[Stored items]
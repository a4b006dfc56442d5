-- ===== src/Tests/EntryTests.antt =====
-- Instances of the theorems about the headers of an archive.
use advancescan.Base.{
  Bytes, [], arith, err, invalid, length, ok, overrun, refl, replicate, some, true, ◌%◌, ◌++◌, ◌+◌,
  ◌-◌, ◌∷◌, ◌≡◌, ◌≢◌, ◌⊎◌,
}
use advancescan.Endian.{le_uint16_read, le_uint16_write, le_uint32_read, le_uint32_write}
use advancescan.Endian.Laws.{read-write}
use advancescan.Tests.ZipTests.{item_a, item_a-IsKept, item_b, item_b-IsKept}
use advancescan.Zip.Archive.Directory.{ecd_find_sig, read_entries}
use advancescan.Zip.Archive.Directory.Signature.{Located, ecd_find_sig-Located}
use advancescan.Zip.Entry.{
  Info, deflate0, deflate8, method_get, method_set, new_entry, store, unknown,
}
use advancescan.Zip.Entry.Header.{cent_header, load_cent, save_cent}
use advancescan.Zip.Entry.Header.Bounds.{read_entries_overrun}
use advancescan.Zip.Entry.Header.RoundTrip.{cent_bytes, cent_entry, load_cent-save_cent}
use advancescan.Zip.Entry.Local.{load_local, local_header}
use advancescan.Zip.Entry.Local.RoundTrip.{load_local-local_bytes, local_tail}
use advancescan.Zip.Entry.Methods.{method_get-method_set, stored_method}
use advancescan.Zip.Format.{eo_fixed}
use advancescan.Zip.Stream.{Output}
use advancescan.Zip.Stream.Laws.{push}

abbrev out : Output
out = record { written = 7 ∷ []; room = 1000 }

load_cent-save_cent_example :
    (save_cent item_a out ≡ ok (push out (cent_bytes item_a)))
    × (load_cent (cent_bytes item_a ++ 9 ∷ []) (new_entry (b'z' ∷ []))
        ≡ ok (cent_entry item_a (new_entry (b'z' ∷ [])), length (cent_bytes item_a)))
unfolding cent_header
load_cent-save_cent_example =
    load_cent-save_cent item_a (new_entry (b'z' ∷ [])) out (9 ∷ []) (item_a-IsKept.stored)
      (omega arith)

load_local-local_bytes_example :
    load_local true
      (local_header item_a.info)
      (record { content = 8 ∷ local_tail item_a (1 ∷ 2 ∷ 3 ∷ []) ++ 9 ∷ []; pos = 1 })
      (length (local_tail item_a (1 ∷ 2 ∷ 3 ∷ [])))
      (cent_entry item_a (new_entry (b'z' ∷ [])))
    ≡ ok (
      record (cent_entry item_a (new_entry (b'z' ∷ []))) { compdata = some (1 ∷ 2 ∷ 3 ∷ []) },
      record {
        content = 8 ∷ local_tail item_a (1 ∷ 2 ∷ 3 ∷ []) ++ 9 ∷ [];
        pos = 1 + length (local_tail item_a (1 ∷ 2 ∷ 3 ∷ []));
      },
    )
load_local-local_bytes_example =
    load_local-local_bytes true item_a (new_entry (b'z' ∷ [])) (1 ∷ 2 ∷ 3 ∷ []) (8 ∷ []) (9 ∷ [])
      (item_a-IsKept.stored) refl refl

method_get-method_set_example :
    ((j : Info) × (method_set deflate8 item_a.info ≡ ok j)
      × (method_get j ≡ stored_method deflate8)
      × (j.crc32 ≡ item_a.info.crc32)
      × (j.compressed_size ≡ item_a.info.compressed_size)
      × (j.uncompressed_size ≡ item_a.info.uncompressed_size))
    ⊎ ((method_set deflate8 item_a.info ≡ err invalid)
        × ((deflate8 ≡ unknown)
            ⊎ (deflate8 ≡ deflate0)
            ⊎ ((deflate8 ≡ store) × (item_a.info.uncompressed_size ≢ item_a.info.compressed_size))))
method_get-method_set_example = method_get-method_set deflate8 item_a.info

read_entries_overrun_example :
    read_entries 3 (b'z' ∷ []) (cent_header item_b.info ++ b'b' ∷ []) 0 ≡ err overrun
read_entries_overrun_example =
    read_entries_overrun item_b (b'b' ∷ []) (b'b' ∷ []) 2 (b'z' ∷ []) (item_b-IsKept.stored) refl
      (omega arith)

abbrev ending : Bytes
ending = replicate 3 0 ++ b'P' ∷ b'K' ∷ 5 ∷ 6 ∷ replicate 20 0

ecd_find_sig-Located_example : Located ending (length ending + 1 - eo_fixed) (ecd_find_sig ending)
ecd_find_sig-Located_example = ecd_find_sig-Located ending

read-write_example :
    (le_uint16_read (le_uint16_write 1 70000 (replicate 6 0)) 1 ≡ ok (70000 % 65536))
    × (le_uint32_read (le_uint32_write 1 70000 (replicate 6 0)) 1 ≡ ok (70000 % 4294967296))
read-write_example = read-write 1 70000 (replicate 6 0) (omega arith)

ASSIGNMENT: Among the records above, extract exactly the lines from the line with "load_local-local_bytes true item_a" to the line with "(j.compressed_size ≡ item_a.info.compressed_size)", both lines included, and leave out the rest.

EXERCISE OUTPUT:
    load_local-local_bytes true item_a (new_entry (b'z' ∷ [])) (1 ∷ 2 ∷ 3 ∷ []) (8 ∷ []) (9 ∷ [])
      (item_a-IsKept.stored) refl refl

method_get-method_set_example :
    ((j : Info) × (method_set deflate8 item_a.info ≡ ok j)
      × (method_get j ≡ stored_method deflate8)
      × (j.crc32 ≡ item_a.info.crc32)
      × (j.compressed_size ≡ item_a.info.compressed_size)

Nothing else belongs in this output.